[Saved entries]
· · ·

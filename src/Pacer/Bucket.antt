-- ===== src/Pacer/Bucket.antt =====
-- The bucket of common/pacer.hpp: what bounds the tokens.
use native.Mathlib.Decide.{dec_lt}
use win_udpsharded_echo.Prelude.{ℕ, ◌-◌, ◌<◌, ◌≡◌, ◌⊎◌, inl, inr, false, List, [], ◌∷◌, arith}
use win_udpsharded_echo.Float.{Double, nought, one, std_max, ◌≼◌}
use win_udpsharded_echo.Float.Laws.{
  IsIeee, lit_self, le-std_max, std_min-le, std_min_nonneg, le_of_not_lt,
}
use win_udpsharded_echo.Cc.{Controller}
use win_udpsharded_echo.Pacer.{
  Pacer, capacity_for, refill, reset_to_now, new_pacer, retargets, adjust, can_send, record_send,
  poll, on_ack, Call, checks, records, polls, resets, acks, step, run,
}

module _ {F : Type 0} ⦃d : Double F⦄ (laws : IsIeee F) where
  open laws use {
    lit_lt, lit_mono, of_u64-eq-lit, div_nonneg, le_of_lt, le_trans, refl_of_le, sub_le,
  }

  nought_le : (x : F) → one ≼ x → nought ≼ x
  nought_le x h = le_trans nought one x (le_of_lt _ _ (lit_lt 0 1 (omega arith) (omega arith))) h

  -- A token spent from a bucket that is not over its capacity.
  spent-le :
      (tokens capacity : F)
      → nought ≼ tokens
      → tokens ≼ capacity
      → std_max nought (d.sub tokens one) ≼ capacity
  spent-le tokens capacity low high =
      let spent = d.sub tokens one in
      let unit : ◌≼◌ {F = F} nought one = le_of_lt _ _ (lit_lt 0 1 (omega arith) (omega arith)) in
      let down = sub_le tokens one unit in
      ground (
        arith,
        le_trans nought tokens capacity low high,
        le_of_lt nought spent,
        refl_of_le nought spent,
        refl_of_le tokens capacity high,
        le_of_not_lt laws spent tokens,
        le_trans spent tokens capacity,
      )

  elapsed_nonneg : (n : ℕ) → d.lt (d.div (d.of_u64 n) (d.lit 1_000_000_000 0)) nought ≡ false
  elapsed_nonneg n = rw (of_u64-eq-lit n) (
      div_nonneg (d.lit n 0) (d.lit 1_000_000_000 0) (lit_mono 0 n 0 (omega arith))
        (lit_lt 0 1_000_000_000 (omega arith) (omega arith)))

-- At each check either the clock has moved on since the last refill, or the controller keeps its rate.
abbrev pub IsTimely :
    {F C : Type 0} ⦃d : Double F⦄ → Controller F C → Pacer F C → List Call → Type 0
IsTimely controller p [] = Unit {0}
IsTimely controller p (checks now ∷ cs) =
    ((p.last_refill_ns < now) ⊎ (retargets controller p ≡ false))
    × IsTimely controller (step controller p (checks now)) cs
IsTimely controller p (records now seq ∷ cs) =
    IsTimely controller (step controller p (records now seq)) cs
IsTimely controller p (polls now ∷ cs) = IsTimely controller (step controller p (polls now)) cs
IsTimely controller p (resets now ∷ cs) = IsTimely controller (step controller p (resets now)) cs
IsTimely controller p (acks now seq rtt ∷ cs) =
    IsTimely controller (step controller p (acks now seq rtt)) cs

module _ {F C : Type 0} ⦃d : Double F⦄ where
  -- There is no debt, the burst is limited, and the limit is at least one packet.
  pub record IsFilled (p : Pacer F C) : Type 0 where
    pub no_debt : nought ≼ p.tokens
    pub no_excess : p.tokens ≼ p.capacity
    pub room : one ≼ p.capacity
    pub rate_ge : nought ≼ p.rate_pps

  module _ (laws : IsIeee F) where
    open laws use {refl_of_le, le_of_lt, mul_nonneg, add_nonneg}

    refill_still : (now : ℕ) (p : Pacer F C) → ¬ (p.last_refill_ns < now) → refill now p ≡ p
    unfolding refill
    refill_still now p h = ground arith

    -- After a refill that the clock lets through, no excess is left even if there was one.
    refill_clears :
        (now : ℕ) (p : Pacer F C)
        → p.last_refill_ns < now
        → nought ≼ p.tokens
        → one ≼ p.capacity
        → nought ≼ p.rate_pps
        → IsFilled (refill now p)
    unfolding refill
    refill_clears now p h t c r =
        let self : p.capacity ≼ p.capacity = (refl_of_le one p.capacity c).1 in
        let zero_le : nought ≼ p.capacity = nought_le laws p.capacity c in
        let gain =
          d.mul p.rate_pps (d.div (d.of_u64 (now - p.last_refill_ns)) (d.lit 1_000_000_000 0)) in
        let sum = d.add p.tokens gain in
        let gained : d.lt gain nought ≡ false =
          mul_nonneg p.rate_pps _ r (elapsed_nonneg laws (now - p.last_refill_ns)) in
        let low = std_min_nonneg laws p.capacity sum zero_le (add_nonneg p.tokens gain t gained) in
        let high = std_min-le laws p.capacity sum self in ground (arith, low, high)

    refill-IsFilled : (now : ℕ) (p : Pacer F C) → IsFilled p → IsFilled (refill now p)
    refill-IsFilled now p f = elim (dec_lt p.last_refill_ns now) [
      | yes h ↦ refill_clears now p h f.no_debt f.room f.rate_ge
      | no h ↦ rw (refill_still now p h) f
    ]

    module _ (controller : Controller F C) where
      adjust-room :
          (p : Pacer F C)
          → IsFilled p
          → (nought ≼ (adjust controller p).tokens)
            × (one ≼ (adjust controller p).capacity)
            × (nought ≼ (adjust controller p).rate_pps)
      unfolding adjust retargets
      adjust-room p f =
          let target = controller.target_rate_pps p.cc in
          let wide = le-std_max laws one (d.mul target (d.lit 5 3)) (lit_self laws 1 0) in
          ground (arith, wide, le_of_lt nought target)

      adjust_keeps : (p : Pacer F C) → (adjust controller p).last_refill_ns ≡ p.last_refill_ns
      unfolding adjust
      adjust_keeps p = ground arith

      adjust_steady : (p : Pacer F C) → retargets controller p ≡ false → adjust controller p ≡ p
      unfolding adjust
      adjust_steady p e = ground arith

      adjusted-IsFilled :
          (now : ℕ) (p : Pacer F C)
          → (p.last_refill_ns < now) ⊎ (retargets controller p ≡ false)
          → IsFilled p
          → IsFilled (refill now (adjust controller p))
      adjusted-IsFilled now p (inl h) f =
          let r = adjust-room p f in
          refill_clears now (adjust controller p) (omega (arith, adjust_keeps p)) r.0 r.1 r.2
      adjusted-IsFilled now p (inr e) f = rw (adjust_steady p e) (refill-IsFilled now p f)

      can_send-IsFilled :
          (now : ℕ) (p : Pacer F C)
          → (p.last_refill_ns < now) ⊎ (retargets controller p ≡ false)
          → IsFilled p
          → IsFilled (can_send controller now p).0
      unfolding can_send
      can_send-IsFilled now p timely f =
          let q : IsFilled (refill now (adjust controller p)) = adjusted-IsFilled now p timely f in
          ground (arith, q)

      record_send-IsFilled :
          (now seq : ℕ) (p : Pacer F C) → IsFilled p → IsFilled (record_send controller now seq p)
      unfolding record_send
      record_send-IsFilled now seq p f =
          let g = refill-IsFilled now p f in
          let spent = d.sub (refill now p).tokens one in
          let low = le-std_max laws nought spent (lit_self laws 0 0) in
          let high =
            spent-le laws (refill now p).tokens (refill now p).capacity g.no_debt g.no_excess in
          ground (arith, g, low, high)

      poll-IsFilled : (now : ℕ) (p : Pacer F C) → IsFilled p → IsFilled (poll controller now p)
      unfolding poll
      poll-IsFilled now p f = let g = refill-IsFilled now p f in ground (arith, g)

      reset_to_now-IsFilled : (now : ℕ) (p : Pacer F C) → IsFilled p → IsFilled (reset_to_now now p)
      unfolding reset_to_now
      reset_to_now-IsFilled now p f =
          let zero_le : nought ≼ p.capacity = nought_le laws p.capacity f.room in
          ground (arith, lit_self laws 0 0)

      on_ack-IsFilled :
          (now seq rtt : ℕ) (p : Pacer F C)
          → IsFilled p
          → IsFilled (on_ack controller now seq rtt p)
      unfolding on_ack
      on_ack-IsFilled now seq rtt p f = ground arith

      new_pacer-IsFilled :
          (now : ℕ) (pps : F) → nought ≼ pps → IsFilled (new_pacer controller now pps)
      unfolding new_pacer
      new_pacer-IsFilled now pps h =
          let room : one ≼ capacity_for pps =
            le-std_max laws one (d.mul pps (d.lit 5 3)) (lit_self laws 1 0) in
          record {
            no_debt = lit_self laws 0 0;
            no_excess = nought_le laws _ room;
            room = room;
            rate_ge = h;
          }

      run-IsFilled_from :
          (p : Pacer F C) (cs : List Call)
          → IsTimely controller p cs
          → IsFilled p
          → IsFilled (run controller p cs)
      unfolding run
      run-IsFilled_from p [] t f = f
      run-IsFilled_from p (checks now ∷ cs) t f =
          run-IsFilled_from (step controller p (checks now)) cs t.1 (can_send-IsFilled now p t.0 f)
      run-IsFilled_from p (records now seq ∷ cs) t f =
          run-IsFilled_from (step controller p (records now seq)) cs t
            (record_send-IsFilled now seq p f)
      run-IsFilled_from p (polls now ∷ cs) t f =
          run-IsFilled_from (step controller p (polls now)) cs t (poll-IsFilled now p f)
      run-IsFilled_from p (resets now ∷ cs) t f =
          run-IsFilled_from (step controller p (resets now)) cs t (reset_to_now-IsFilled now p f)
      run-IsFilled_from p (acks now seq rtt ∷ cs) t f =
          run-IsFilled_from (step controller p (acks now seq rtt)) cs t
            (on_ack-IsFilled now seq rtt p f)

      -- Over any controller, a pacer that is made for a rate that is not negative, and whose clock
      -- has moved on at each check that changes the rate, never goes into debt and never holds more
      -- tokens than its capacity, which allows at least one packet, whatever calls are made of it.
      pub run-IsFilled :
          (now : ℕ) (pps : F) (cs : List Call)
          → nought ≼ pps
          → IsTimely controller (new_pacer controller now pps) cs
          → IsFilled (run controller (new_pacer controller now pps) cs)
      run-IsFilled now pps cs h t = run-IsFilled_from _ cs t (new_pacer-IsFilled now pps h)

· · ·

## Instructions to follow
Work out how many lines of the data above hold the word "room", and write only the count.

## Result for this exercise
9